__Requirement__:
Only lines holding the word "Judged" are wanted from the records; copy all of them.

(Collected data)
######

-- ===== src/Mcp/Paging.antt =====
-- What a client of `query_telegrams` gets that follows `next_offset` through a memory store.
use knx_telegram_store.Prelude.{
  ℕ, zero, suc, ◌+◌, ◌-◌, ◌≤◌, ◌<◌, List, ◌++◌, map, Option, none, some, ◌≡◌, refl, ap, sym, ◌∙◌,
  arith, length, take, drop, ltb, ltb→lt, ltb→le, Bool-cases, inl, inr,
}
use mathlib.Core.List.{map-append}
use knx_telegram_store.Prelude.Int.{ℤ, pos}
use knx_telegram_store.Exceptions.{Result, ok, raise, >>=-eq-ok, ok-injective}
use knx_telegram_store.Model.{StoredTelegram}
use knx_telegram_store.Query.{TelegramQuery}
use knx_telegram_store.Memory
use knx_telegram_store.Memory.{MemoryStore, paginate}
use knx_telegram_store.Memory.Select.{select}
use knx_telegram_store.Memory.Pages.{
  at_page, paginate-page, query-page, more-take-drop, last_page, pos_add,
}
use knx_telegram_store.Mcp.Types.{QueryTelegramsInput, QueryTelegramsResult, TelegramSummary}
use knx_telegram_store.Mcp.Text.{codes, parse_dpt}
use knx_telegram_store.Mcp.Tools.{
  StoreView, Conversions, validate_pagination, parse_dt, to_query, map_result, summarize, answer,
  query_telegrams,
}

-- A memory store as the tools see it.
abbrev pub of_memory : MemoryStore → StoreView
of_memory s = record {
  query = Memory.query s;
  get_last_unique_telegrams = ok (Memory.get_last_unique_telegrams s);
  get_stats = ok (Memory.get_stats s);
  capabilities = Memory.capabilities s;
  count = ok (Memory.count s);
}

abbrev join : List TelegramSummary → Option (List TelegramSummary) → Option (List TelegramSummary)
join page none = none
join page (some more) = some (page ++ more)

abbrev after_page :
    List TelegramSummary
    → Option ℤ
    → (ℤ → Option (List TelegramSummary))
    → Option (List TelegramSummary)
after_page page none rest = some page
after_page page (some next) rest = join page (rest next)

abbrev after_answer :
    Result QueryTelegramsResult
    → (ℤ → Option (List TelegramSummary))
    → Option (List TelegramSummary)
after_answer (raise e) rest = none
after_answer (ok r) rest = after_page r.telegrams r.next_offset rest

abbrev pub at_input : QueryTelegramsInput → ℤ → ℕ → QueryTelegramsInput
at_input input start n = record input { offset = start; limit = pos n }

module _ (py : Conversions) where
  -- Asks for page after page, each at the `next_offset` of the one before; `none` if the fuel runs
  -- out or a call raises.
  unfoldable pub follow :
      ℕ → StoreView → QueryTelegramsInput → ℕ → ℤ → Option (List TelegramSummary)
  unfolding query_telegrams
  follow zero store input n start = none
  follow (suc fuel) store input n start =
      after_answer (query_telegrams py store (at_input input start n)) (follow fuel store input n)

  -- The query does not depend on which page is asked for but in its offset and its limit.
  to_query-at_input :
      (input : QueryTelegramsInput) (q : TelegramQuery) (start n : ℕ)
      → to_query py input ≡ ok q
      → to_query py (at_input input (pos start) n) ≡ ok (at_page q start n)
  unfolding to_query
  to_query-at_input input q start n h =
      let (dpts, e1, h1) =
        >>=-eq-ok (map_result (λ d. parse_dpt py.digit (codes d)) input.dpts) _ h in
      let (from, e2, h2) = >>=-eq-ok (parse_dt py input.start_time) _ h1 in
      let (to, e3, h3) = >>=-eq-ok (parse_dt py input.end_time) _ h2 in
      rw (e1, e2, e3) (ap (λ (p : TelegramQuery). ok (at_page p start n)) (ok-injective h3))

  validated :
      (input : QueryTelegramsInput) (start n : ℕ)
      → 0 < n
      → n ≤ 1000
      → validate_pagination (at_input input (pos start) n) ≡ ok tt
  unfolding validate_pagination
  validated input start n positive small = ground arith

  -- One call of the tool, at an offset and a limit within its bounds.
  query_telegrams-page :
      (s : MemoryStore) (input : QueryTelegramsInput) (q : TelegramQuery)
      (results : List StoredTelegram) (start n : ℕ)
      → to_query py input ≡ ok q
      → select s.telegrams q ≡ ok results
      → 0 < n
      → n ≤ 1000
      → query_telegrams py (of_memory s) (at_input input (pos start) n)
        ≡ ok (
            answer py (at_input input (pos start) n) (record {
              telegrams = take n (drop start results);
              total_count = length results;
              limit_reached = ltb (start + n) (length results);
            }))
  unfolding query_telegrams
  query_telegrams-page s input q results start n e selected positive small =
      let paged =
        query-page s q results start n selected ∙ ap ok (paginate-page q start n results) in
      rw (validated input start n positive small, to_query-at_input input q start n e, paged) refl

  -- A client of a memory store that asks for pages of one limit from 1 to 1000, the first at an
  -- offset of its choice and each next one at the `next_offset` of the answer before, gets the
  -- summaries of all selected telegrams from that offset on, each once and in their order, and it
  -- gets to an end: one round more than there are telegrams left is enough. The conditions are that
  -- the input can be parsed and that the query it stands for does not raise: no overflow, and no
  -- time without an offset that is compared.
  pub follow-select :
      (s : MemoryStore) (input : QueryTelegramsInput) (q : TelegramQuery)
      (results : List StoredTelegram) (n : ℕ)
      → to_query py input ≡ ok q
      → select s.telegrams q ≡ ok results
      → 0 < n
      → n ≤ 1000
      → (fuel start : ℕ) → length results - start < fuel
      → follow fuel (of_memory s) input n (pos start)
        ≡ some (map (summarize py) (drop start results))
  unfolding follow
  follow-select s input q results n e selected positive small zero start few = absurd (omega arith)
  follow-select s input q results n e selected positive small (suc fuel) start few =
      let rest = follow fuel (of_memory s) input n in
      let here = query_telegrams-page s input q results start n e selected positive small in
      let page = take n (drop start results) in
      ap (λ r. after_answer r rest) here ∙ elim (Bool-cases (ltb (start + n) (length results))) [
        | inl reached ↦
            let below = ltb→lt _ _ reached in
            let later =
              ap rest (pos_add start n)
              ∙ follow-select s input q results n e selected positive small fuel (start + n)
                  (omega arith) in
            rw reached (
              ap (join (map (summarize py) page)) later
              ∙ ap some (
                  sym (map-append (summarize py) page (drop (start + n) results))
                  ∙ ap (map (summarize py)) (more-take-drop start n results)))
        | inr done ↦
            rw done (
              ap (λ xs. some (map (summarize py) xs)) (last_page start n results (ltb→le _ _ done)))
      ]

######

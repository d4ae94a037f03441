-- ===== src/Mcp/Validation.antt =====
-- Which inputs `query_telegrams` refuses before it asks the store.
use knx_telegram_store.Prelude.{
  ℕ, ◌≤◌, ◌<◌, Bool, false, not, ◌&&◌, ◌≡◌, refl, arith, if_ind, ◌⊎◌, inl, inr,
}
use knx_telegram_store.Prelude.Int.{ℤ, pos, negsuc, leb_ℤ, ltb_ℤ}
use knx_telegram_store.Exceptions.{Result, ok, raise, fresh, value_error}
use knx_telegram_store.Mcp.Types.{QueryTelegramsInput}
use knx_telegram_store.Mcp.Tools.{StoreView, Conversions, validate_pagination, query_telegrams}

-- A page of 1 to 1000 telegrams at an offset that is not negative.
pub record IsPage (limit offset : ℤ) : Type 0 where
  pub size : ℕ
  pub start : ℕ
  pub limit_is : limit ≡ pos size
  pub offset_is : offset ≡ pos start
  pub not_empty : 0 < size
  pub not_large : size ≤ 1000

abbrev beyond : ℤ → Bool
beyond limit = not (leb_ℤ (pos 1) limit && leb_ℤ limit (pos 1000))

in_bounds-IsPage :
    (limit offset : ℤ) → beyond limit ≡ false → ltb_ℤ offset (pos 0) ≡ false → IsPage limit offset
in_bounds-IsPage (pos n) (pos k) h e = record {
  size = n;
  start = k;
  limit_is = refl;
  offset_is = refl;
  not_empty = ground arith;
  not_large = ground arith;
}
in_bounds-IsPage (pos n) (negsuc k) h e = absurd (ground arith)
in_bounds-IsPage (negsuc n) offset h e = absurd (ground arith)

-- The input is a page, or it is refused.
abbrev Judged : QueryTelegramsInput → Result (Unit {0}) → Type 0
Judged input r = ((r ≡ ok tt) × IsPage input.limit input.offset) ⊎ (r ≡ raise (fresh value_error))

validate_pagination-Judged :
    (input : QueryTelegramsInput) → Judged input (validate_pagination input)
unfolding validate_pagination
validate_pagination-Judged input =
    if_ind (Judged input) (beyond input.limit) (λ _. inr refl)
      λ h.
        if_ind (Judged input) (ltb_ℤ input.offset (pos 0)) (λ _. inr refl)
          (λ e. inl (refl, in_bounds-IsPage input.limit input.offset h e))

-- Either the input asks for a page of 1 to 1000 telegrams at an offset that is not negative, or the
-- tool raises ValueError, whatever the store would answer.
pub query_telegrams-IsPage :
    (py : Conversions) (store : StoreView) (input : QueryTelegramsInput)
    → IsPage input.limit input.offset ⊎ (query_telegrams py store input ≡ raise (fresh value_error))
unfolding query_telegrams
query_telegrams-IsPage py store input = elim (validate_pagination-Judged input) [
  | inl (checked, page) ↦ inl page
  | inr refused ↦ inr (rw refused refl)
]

######

__Solution for this task__:
abbrev Judged : QueryTelegramsInput → Result (Unit {0}) → Type 0
Judged input r = ((r ≡ ok tt) × IsPage input.limit input.offset) ⊎ (r ≡ raise (fresh value_error))
validate_pagination-Judged :
    (input : QueryTelegramsInput) → Judged input (validate_pagination input)
validate_pagination-Judged input =
    if_ind (Judged input) (beyond input.limit) (λ _. inr refl)
        if_ind (Judged input) (ltb_ℤ input.offset (pos 0)) (λ _. inr refl)
query_telegrams-IsPage py store input = elim (validate_pagination-Judged input) [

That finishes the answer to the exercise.